Güzelliği ve çekiciliğiyle dillere destan olan bir kadının gizemli hikayesi.

Asıl adı Margaretha Geertruida Zelle olan Hollandalı dansçı, fahişe ve casus Mata Hari ismiyle tarihe kazınmıştır.

Margaretha Geertruida Zelle, 7 Ağustos 1876 yılında Hollanda'da dünyaya gelmiştir. Ebeveynlerinin her ikisi de Hollandalı olan Margaretha ergenlik çağına kadar bolluk içinde yaşamış fakat babasının iflas etmesi sonucu annesi ve babası boşanmış, Margaretha da vaftiz babası ile birlikte yaşamaya başlamıştı.

Margaretha 18 yaşındayken o zamanlar Hollanda'nın kolonisi olan Endonezya'da yaşayan ve kendisine bir eş arayan Hollanda Koloni Ordusu Kaptanı Rudolf MacLeod'un gazeteye vermiş olduğu evlilik ilanını gördü. Margaretha, 11 Temmuz 1895'te Amsterdam'da MacLeod ile evlendi. Bu evlilikten iki çocuk dünyaya geldi fakat evlilikleri Margaretha için tam bir hayal kırıklığı olmuştu. Rudlof alkolikt, Margaretha'ya şiddet uyguluyor ve onu aldatıyordu. Çift 1902 yılında Hollanda'ya dönüp boşandı.

Boşandıktan sonra geçim sıkıntısı çeken Mata Hari Endonezya'da yaşarken öğrenmiş olduğu dans figürlerini Paris'te sergilemeye başladı. Avrupa'nın ilgisini çeken bu figürler Mata Hari'nin ünlenmesine, askerlerin ve önemli şahsiyetlerin kendisine hayran olmasına sebep oldu. Güzelliği ve çekiciliği dillere destan olan bu kadının ünü kısa sürede tüm Avrupa'ya yayıldı.

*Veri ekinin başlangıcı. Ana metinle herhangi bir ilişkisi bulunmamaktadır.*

-- ===== src/Tree/Make.antt =====
-- a1fs_mkdir and a1fs_create of a1b/a1fs.c on a tree: the first vacant inode gets a name.
use Prim.Native.Nat.{bit_or}
use extent_based_fs.Base.{ℕ, suc, ◌≡◌, ◌≢◌, refl, ap, ◌∙◌, true, List, none, some, arith, ne→==}
use extent_based_fs.Base.Int.{ℤ, pos, minus_one, neg}
use extent_based_fs.Types.{FsCtx, Cmd, ok, pure, update}
use extent_based_fs.Dir.Lookup.{first_with}
use extent_based_fs.Entry.Add.{has_ino, find_entry-first_with, filled, add_dentry-filled}
use extent_based_fs.Ops.Make.{Placeable, made, IsDir-made, unused-made, new_node-Placeable}
use extent_based_fs.Ops.{new_node, a1fs_mkdir, a1fs_create, s_ifdir, is_reg, enoent, return_errno}
use extent_based_fs.Catalog.{Names, assign}
use extent_based_fs.Catalog.Steps.{unused_entry}
use extent_based_fs.Tree.{Node, bare, folder, blank, Nodes, Place, IsFirstVacant, with_name}
use extent_based_fs.Tree.Links.{child, links_name}
use extent_based_fs.Tree.Shape.{IsTree}
use extent_based_fs.Tree.Walk.{folder-Represents, lookup-folder, Leads-Resolves}
use extent_based_fs.Tree.Choice.{chosen}
use extent_based_fs.Tree.Link.{HasNodes-filled}
use extent_based_fs.Tree.Inode.{IsFresh, bare-IsFresh, blank-IsFresh, HasNodes-made}

module _ {s : FsCtx} {total : ℕ} {T : Nodes} {spare : ℕ} (tree : IsTree s total T spare)
    {path name : List ℕ} {p ino room : ℕ} {m : Names} (mode : ℕ) (place : Place T path name p)
    (parent : T p ≡ folder m (suc room)) (new : m name ≡ none) (v : IsFirstVacant T total ino) where
  vacant_child : (other : List ℕ) → child (T ino) other ≡ none
  unfolding child
  vacant_child other = rw v.is_vacant refl

  apart : p ≢ ino
  apart e = cc (parent, v.is_vacant, ap T e)

  module _ {a : ℕ} (e : first_with (has_ino s.image minus_one) (tree.has.places p) ≡ some a) where
    placeable : Placeable s path name p ino a (tree.has.places p)
    placeable =
        let (above, r, avoids) = Leads-Resolves tree.has (pos 0) place.leads in
        let holds = folder-Represents tree.has p parent in
        record {
          dirs = place.dirs;
          above = above;
          tokens = place.tokens;
          last = place.last;
          resolves = r;
          avoids = avoids ino vacant_child;
          apart = apart;
          parent = holds.is;
          unused = find_entry-first_with minus_one holds.is ∙ rw e refl;
          ok_name = place.ok_name.0;
          new = lookup-folder tree.has p name parent place.ok_name ∙ rw new refl;
          chosen = chosen tree.has v;
          in_table = omega (arith, v.below, tree.has.counts.in_table);
          small = omega (arith, v.below, tree.has.counts.small);
        }

    unlinked : (other : List ℕ) → m other ≢ some ino
    unlinked other q = tree.links.linked p other ino (unfold child in rw parent q) v.is_vacant

    new_node-after :
        (node_mode : ℕ) (w : Node) (no_parent : Cmd ℤ)
        → IsFresh w
        → (new_node path node_mode ino no_parent s
            ≡ ok (pos 0) (filled (made s ino node_mode) p ino name a))
          × IsTree
              (filled (made s ino node_mode) p ino name a)
              total
              (with_name T p (assign m name (some ino)) room ino w)
              spare
    new_node-after node_mode w no_parent fresh =
        let has' = HasNodes-made tree.has ino node_mode w v.is_vacant v.below fresh in
        let parent' : update T ino w p ≡ folder m (suc room) = rw (ne→== p ino apart) parent in
        let is' = IsDir-made node_mode placeable in
        let holds' = folder-Represents has' p parent' in
        let free' = unused-made node_mode placeable in
        (
          new_node-Placeable node_mode placeable no_parent _ (
              add_dentry-filled ino name holds'.is
                (ground (arith, find_entry-first_with minus_one holds'.is, free'))
                place.ok_name.0.short),
          record {
            has =
                HasNodes-filled has' p name ino parent'
                  (
                    place.ok_name,
                    new,
                    unlinked,
                    omega (arith, v.below, tree.has.counts.small),
                    omega arith,
                  )
                  (ground (arith, find_entry-first_with minus_one holds'.is, free'));
            links =
                links_name tree.links p m room ino name (λ other. unfold child in rw parent refl) w
                  fresh.stands fresh.empty v.is_vacant (λ q. cc);
          },
        )

  pub mkdir-IsTree :
      (t : FsCtx) × (a1fs_mkdir path mode s ≡ ok (pos 0) t)
      × IsTree t total (with_name T p (assign m name (some ino)) room ino bare) spare
  unfolding a1fs_mkdir
  mkdir-IsTree =
      let (a, e) = unused_entry (folder-Represents tree.has p parent) (omega arith) in
      let (run, after) =
        new_node-after e (bit_or mode s_ifdir) bare (pure (neg enoent)) bare-IsFresh in
      (_, rw (chosen tree.has v) run, after)

  pub create-IsTree :
      is_reg mode ≡ true
      → (t : FsCtx) × (a1fs_create path mode s ≡ ok (pos 0) t)
        × IsTree t total (with_name T p (assign m name (some ino)) room ino blank) spare
  unfolding a1fs_create
  create-IsTree reg =
      let (a, e) = unused_entry (folder-Represents tree.has p parent) (omega arith) in
      let (run, after) = new_node-after e mode blank return_errno blank-IsFresh in
      (_, rw (reg, chosen tree.has v) run, after)
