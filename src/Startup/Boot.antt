-- ===== src/Startup/Boot.antt =====
-- Fallible steps that start services on their way: what was started stays, whatever fails later.
use cria.Prelude.{List, [], ◌∷◌, ◌++◌}
use cria.Config.Parse.{Result, ok, err}

module _ {S : Type 0} where
  abbrev pub after :
      {A B : Type 0} → List S → Result A → (A → List S × Result B) → List S × Result B
  after started (err message) next = (started, err message)
  after started (ok a) next = (started ++ (next a).0, (next a).1)

  infixl 5 ◌>>=◌
  abbrev pub ◌>>=◌ :
      {A B : Type 0} → List S × Result A → (A → List S × Result B) → List S × Result B
  x >>= next = after x.0 x.1 next

  infixl 5 ◌>>◌
  abbrev pub ◌>>◌ : {A B : Type 0} → List S × Result A → List S × Result B → List S × Result B
  x >> next = x >>= λ a. next

  -- A step that starts nothing.
  abbrev pub attempt : {A : Type 0} → Result A → List S × Result A
  attempt r = ([], r)

  abbrev pub starts : S → List S × Result Unit
  starts s = (s ∷ [], ok tt)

I. Dünya Savaşı'nın patlak vermesiyle ülkeler milliyetçi kimliklerine büründü. Herkesin casus olduğu düşünülüyor ve insanlar sürekli göz altına alınıyordu. Mata Hari de casuslukla suçlanarak göz altına alındı, kendisinin Almanya adına Fransa'ya karşı casusluk ettiği düşünülüyordu.

Mata Hari bu suçlamaları kabul etmedi, Fransa'ya bağlı olduğunu söyledi. Ek olarak “Bir fahişe olduğumu kabul ediyorum ama casus, asla! Ben her zaman aşk ve zevk için yaşadım.' diye belirtti.

Mata Hari 1917 senesinde tutuklandı, casusluktan suçlu bulundu. Yeterli delil bulunamamasına rağmen idama mahkûm edilen Mata Hari 15 Ekim 1917'de kurşuna dizildi. Öldüğünde 41 yaşındaydı. İngiliz muhabir Henry Wales'in ifadesine göre, Mata Hari idamında gözlerini bağlamayı reddetmişti, meydan okurcasına etrafa öpücükler saçıyordu.